[WHAT IS BEING ASKED]
Among the lines below, take the one holding "-- ===== src/TeamClient/Client/Ends.antt", the one holding "-- twelve turns", and all lines between them. Set them down exactly.

[RECORD EXCERPTS]
——————————

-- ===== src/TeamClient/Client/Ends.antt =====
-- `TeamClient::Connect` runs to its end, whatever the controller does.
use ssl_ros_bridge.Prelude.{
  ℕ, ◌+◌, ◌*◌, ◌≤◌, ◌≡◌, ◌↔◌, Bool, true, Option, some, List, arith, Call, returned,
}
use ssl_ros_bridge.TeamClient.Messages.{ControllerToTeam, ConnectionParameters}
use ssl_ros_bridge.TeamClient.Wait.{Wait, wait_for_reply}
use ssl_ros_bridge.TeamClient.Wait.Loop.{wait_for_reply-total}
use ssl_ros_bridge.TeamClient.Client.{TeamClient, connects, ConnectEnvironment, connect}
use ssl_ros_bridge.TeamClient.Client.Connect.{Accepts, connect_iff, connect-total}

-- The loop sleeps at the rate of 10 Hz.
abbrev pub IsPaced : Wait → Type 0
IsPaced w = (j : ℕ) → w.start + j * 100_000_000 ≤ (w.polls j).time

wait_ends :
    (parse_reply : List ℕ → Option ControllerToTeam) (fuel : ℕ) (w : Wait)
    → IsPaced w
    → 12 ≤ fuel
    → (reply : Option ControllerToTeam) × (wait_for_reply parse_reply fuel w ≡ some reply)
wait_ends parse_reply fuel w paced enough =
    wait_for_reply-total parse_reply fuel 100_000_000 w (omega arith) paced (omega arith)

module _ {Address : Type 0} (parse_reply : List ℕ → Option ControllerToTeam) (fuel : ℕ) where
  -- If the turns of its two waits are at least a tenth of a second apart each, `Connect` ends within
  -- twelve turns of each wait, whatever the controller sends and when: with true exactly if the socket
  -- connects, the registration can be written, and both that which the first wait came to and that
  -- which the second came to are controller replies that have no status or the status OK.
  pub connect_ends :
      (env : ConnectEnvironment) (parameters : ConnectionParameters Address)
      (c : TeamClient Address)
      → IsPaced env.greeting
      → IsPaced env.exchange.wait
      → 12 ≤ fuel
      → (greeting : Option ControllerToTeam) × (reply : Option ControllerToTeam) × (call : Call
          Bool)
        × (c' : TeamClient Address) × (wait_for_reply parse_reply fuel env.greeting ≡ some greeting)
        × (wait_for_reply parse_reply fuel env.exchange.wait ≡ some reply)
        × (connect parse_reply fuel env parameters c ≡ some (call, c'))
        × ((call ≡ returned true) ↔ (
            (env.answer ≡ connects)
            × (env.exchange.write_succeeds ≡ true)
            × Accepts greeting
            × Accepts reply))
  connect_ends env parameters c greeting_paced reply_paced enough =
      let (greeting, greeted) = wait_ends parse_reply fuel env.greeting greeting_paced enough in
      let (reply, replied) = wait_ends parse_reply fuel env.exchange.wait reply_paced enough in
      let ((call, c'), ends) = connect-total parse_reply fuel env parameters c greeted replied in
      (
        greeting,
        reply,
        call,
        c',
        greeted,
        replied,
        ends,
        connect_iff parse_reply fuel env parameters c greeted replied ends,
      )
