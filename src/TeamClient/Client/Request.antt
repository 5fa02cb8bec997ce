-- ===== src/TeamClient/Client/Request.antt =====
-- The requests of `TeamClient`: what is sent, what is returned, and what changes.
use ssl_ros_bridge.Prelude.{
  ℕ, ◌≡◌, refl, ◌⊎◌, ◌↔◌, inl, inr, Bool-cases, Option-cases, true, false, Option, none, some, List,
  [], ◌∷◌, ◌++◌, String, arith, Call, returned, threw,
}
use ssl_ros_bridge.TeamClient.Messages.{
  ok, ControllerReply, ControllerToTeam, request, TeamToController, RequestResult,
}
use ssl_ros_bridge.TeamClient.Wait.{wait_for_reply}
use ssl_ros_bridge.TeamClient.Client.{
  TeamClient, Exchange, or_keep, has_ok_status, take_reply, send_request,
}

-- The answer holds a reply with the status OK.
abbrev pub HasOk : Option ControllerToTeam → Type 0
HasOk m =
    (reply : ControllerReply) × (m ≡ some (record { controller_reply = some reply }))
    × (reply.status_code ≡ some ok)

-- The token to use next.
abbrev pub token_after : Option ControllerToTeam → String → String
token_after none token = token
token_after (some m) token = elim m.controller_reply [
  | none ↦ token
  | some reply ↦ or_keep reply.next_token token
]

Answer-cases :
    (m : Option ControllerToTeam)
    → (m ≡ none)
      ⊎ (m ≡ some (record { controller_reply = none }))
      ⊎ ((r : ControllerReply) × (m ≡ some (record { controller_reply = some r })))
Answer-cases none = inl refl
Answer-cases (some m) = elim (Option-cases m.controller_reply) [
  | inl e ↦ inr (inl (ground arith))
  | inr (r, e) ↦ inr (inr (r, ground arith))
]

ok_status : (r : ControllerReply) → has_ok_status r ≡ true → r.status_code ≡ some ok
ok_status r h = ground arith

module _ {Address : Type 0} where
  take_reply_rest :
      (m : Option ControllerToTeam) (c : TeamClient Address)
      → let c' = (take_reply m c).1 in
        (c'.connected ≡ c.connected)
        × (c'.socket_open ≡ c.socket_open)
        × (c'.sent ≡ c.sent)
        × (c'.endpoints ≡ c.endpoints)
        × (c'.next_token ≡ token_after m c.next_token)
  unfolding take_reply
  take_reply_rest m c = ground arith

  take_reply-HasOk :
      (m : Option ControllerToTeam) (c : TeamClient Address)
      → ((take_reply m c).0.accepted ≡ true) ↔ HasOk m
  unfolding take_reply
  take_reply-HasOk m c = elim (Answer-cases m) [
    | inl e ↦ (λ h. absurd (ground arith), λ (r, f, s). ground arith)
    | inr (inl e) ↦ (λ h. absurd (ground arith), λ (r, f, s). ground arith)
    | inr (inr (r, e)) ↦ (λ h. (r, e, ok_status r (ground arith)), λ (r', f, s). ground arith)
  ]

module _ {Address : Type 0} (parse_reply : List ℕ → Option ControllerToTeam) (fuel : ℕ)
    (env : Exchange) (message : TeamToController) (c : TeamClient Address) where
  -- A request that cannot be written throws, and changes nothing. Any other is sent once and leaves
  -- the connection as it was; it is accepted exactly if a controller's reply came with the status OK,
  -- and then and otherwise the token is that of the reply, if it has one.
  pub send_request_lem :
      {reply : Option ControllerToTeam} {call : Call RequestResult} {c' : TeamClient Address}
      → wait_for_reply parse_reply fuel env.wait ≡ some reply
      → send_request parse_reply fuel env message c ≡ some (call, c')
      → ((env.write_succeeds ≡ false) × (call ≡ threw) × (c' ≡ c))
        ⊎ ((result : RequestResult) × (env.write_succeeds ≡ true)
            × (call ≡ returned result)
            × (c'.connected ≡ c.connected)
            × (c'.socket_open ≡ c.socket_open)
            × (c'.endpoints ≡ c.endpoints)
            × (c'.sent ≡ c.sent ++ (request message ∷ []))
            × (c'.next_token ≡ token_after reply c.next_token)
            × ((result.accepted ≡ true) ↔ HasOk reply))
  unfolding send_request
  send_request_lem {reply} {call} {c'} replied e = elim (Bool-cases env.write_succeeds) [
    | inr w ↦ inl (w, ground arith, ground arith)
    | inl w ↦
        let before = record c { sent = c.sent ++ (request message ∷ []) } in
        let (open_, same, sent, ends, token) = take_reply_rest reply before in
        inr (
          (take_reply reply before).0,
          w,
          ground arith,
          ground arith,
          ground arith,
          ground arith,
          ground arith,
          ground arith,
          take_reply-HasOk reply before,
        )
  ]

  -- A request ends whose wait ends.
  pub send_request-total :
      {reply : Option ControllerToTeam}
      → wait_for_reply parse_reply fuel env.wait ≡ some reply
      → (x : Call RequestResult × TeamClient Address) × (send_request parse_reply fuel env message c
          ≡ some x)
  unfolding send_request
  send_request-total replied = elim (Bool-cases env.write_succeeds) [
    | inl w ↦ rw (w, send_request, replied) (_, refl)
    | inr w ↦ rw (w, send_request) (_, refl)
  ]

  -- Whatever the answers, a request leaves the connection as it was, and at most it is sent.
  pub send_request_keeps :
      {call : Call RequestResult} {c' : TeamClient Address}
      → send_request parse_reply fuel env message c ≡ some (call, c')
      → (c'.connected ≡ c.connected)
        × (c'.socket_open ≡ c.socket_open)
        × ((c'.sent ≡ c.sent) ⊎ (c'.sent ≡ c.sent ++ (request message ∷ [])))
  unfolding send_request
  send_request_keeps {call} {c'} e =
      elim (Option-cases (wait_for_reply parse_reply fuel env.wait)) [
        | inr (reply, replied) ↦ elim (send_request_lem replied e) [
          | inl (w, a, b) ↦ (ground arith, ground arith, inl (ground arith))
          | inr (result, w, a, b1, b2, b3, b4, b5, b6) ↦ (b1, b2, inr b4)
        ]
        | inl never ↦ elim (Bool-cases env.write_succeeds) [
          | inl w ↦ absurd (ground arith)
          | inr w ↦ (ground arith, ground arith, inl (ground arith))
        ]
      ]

——————————

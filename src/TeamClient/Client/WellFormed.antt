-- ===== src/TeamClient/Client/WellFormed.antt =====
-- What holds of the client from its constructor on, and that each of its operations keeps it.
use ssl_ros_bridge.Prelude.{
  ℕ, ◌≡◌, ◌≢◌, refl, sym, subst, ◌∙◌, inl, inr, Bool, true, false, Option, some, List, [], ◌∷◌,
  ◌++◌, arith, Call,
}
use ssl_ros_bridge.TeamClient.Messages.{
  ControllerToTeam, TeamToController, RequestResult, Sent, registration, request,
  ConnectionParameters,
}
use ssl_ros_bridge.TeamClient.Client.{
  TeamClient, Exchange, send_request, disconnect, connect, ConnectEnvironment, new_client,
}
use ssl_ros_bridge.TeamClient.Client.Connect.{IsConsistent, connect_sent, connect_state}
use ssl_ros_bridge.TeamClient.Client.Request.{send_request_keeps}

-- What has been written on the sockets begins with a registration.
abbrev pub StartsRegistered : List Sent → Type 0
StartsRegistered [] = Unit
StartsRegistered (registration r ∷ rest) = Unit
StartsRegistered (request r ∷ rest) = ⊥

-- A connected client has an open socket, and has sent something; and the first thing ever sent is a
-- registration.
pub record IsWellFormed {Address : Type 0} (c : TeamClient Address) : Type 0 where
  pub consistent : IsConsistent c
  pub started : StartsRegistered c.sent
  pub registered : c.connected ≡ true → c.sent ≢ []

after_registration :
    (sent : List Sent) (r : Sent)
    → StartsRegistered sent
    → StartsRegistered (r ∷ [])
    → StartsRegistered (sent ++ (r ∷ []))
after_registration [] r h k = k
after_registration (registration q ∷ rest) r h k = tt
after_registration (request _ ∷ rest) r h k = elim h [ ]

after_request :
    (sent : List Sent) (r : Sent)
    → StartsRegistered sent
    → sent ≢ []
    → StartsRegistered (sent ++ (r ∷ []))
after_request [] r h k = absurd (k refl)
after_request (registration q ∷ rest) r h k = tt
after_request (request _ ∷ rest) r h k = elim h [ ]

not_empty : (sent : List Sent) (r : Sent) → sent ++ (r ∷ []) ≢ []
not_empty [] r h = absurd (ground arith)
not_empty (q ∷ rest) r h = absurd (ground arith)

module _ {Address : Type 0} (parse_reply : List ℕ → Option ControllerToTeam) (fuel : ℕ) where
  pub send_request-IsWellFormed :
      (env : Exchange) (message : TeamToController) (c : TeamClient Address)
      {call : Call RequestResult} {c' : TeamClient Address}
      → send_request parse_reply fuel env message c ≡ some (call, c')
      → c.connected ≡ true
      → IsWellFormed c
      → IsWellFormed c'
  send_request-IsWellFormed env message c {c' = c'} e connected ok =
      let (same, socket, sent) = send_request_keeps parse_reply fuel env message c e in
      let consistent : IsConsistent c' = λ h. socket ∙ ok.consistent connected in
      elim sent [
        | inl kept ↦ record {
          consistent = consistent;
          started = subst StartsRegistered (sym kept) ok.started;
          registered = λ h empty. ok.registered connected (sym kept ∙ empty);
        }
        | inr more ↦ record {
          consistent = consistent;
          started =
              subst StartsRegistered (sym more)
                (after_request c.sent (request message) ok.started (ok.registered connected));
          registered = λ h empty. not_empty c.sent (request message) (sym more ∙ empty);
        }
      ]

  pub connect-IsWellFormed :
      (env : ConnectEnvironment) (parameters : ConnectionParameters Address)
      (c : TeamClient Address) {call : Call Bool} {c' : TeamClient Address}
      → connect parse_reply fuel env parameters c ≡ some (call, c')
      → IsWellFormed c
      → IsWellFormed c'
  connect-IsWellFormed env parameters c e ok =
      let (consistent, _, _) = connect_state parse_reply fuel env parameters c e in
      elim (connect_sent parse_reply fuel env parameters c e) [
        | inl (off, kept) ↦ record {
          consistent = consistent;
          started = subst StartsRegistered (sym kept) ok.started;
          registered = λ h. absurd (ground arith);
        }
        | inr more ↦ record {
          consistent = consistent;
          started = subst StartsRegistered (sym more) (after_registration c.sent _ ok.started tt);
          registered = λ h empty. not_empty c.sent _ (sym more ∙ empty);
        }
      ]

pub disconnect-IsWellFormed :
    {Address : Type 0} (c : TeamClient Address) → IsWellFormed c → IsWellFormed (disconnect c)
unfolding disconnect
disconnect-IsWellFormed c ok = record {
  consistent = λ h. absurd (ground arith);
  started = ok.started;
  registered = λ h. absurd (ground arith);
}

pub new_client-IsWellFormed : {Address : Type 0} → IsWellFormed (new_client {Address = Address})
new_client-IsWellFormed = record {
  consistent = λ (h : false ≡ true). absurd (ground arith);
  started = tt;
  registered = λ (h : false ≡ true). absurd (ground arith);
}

——————————

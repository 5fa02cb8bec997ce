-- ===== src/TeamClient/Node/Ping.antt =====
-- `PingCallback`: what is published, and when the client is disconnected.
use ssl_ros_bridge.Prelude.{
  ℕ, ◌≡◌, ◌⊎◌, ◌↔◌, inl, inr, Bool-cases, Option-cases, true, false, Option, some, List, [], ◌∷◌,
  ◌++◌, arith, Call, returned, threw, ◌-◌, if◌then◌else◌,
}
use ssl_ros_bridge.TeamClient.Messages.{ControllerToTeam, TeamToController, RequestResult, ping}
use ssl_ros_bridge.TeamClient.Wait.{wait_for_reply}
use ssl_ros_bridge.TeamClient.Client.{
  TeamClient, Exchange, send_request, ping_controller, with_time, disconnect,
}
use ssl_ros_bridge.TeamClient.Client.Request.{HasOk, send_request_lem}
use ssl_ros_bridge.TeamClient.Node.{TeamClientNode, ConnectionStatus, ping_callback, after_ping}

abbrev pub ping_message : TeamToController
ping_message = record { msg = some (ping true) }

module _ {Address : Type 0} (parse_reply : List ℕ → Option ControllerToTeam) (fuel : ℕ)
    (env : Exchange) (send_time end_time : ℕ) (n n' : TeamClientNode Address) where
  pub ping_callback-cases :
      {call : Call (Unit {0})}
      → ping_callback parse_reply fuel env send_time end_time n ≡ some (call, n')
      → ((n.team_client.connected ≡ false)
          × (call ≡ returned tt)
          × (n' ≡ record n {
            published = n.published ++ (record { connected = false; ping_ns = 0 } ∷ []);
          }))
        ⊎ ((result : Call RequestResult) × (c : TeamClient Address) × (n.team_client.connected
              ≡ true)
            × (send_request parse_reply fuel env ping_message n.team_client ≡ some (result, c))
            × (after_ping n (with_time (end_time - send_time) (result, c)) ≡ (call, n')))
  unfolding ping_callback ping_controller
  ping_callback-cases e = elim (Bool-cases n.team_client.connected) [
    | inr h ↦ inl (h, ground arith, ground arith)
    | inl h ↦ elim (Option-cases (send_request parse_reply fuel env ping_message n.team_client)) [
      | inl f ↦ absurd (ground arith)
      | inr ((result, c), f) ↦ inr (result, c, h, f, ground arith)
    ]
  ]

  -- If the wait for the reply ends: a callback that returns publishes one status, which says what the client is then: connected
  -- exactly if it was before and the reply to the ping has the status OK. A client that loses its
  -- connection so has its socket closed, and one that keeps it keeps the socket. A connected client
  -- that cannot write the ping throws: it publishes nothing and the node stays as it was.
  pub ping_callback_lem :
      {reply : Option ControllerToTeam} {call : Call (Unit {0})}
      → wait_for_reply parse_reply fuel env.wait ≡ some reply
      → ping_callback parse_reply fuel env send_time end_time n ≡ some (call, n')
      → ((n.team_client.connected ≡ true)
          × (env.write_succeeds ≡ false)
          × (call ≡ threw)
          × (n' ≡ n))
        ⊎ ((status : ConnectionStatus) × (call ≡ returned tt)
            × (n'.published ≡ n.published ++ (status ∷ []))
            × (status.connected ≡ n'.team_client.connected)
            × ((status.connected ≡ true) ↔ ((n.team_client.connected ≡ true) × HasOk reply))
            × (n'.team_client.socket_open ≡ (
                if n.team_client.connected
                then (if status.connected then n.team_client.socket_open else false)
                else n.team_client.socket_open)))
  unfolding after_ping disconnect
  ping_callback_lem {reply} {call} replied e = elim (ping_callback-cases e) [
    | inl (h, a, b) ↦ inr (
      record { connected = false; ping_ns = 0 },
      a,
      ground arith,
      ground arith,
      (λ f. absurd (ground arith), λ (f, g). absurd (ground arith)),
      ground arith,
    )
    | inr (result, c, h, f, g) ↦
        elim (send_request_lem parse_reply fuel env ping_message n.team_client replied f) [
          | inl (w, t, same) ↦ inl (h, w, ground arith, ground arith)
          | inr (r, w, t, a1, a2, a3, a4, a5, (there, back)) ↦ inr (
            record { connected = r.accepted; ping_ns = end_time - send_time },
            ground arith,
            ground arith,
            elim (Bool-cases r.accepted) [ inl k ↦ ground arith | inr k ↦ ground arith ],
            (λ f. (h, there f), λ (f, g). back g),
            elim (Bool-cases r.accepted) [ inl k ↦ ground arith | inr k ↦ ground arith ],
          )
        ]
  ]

——————————

[THE ANSWER]
-- ===== src/TeamClient/Client/Ends.antt =====
-- `TeamClient::Connect` runs to its end, whatever the controller does.
use ssl_ros_bridge.Prelude.{
  ℕ, ◌+◌, ◌*◌, ◌≤◌, ◌≡◌, ◌↔◌, Bool, true, Option, some, List, arith, Call, returned,
}
use ssl_ros_bridge.TeamClient.Messages.{ControllerToTeam, ConnectionParameters}
use ssl_ros_bridge.TeamClient.Wait.{Wait, wait_for_reply}
use ssl_ros_bridge.TeamClient.Wait.Loop.{wait_for_reply-total}
use ssl_ros_bridge.TeamClient.Client.{TeamClient, connects, ConnectEnvironment, connect}
use ssl_ros_bridge.TeamClient.Client.Connect.{Accepts, connect_iff, connect-total}

-- The loop sleeps at the rate of 10 Hz.
abbrev pub IsPaced : Wait → Type 0
IsPaced w = (j : ℕ) → w.start + j * 100_000_000 ≤ (w.polls j).time

wait_ends :
    (parse_reply : List ℕ → Option ControllerToTeam) (fuel : ℕ) (w : Wait)
    → IsPaced w
    → 12 ≤ fuel
    → (reply : Option ControllerToTeam) × (wait_for_reply parse_reply fuel w ≡ some reply)
wait_ends parse_reply fuel w paced enough =
    wait_for_reply-total parse_reply fuel 100_000_000 w (omega arith) paced (omega arith)

module _ {Address : Type 0} (parse_reply : List ℕ → Option ControllerToTeam) (fuel : ℕ) where
  -- If the turns of its two waits are at least a tenth of a second apart each, `Connect` ends within
  -- twelve turns of each wait, whatever the controller sends and when: with true exactly if the socket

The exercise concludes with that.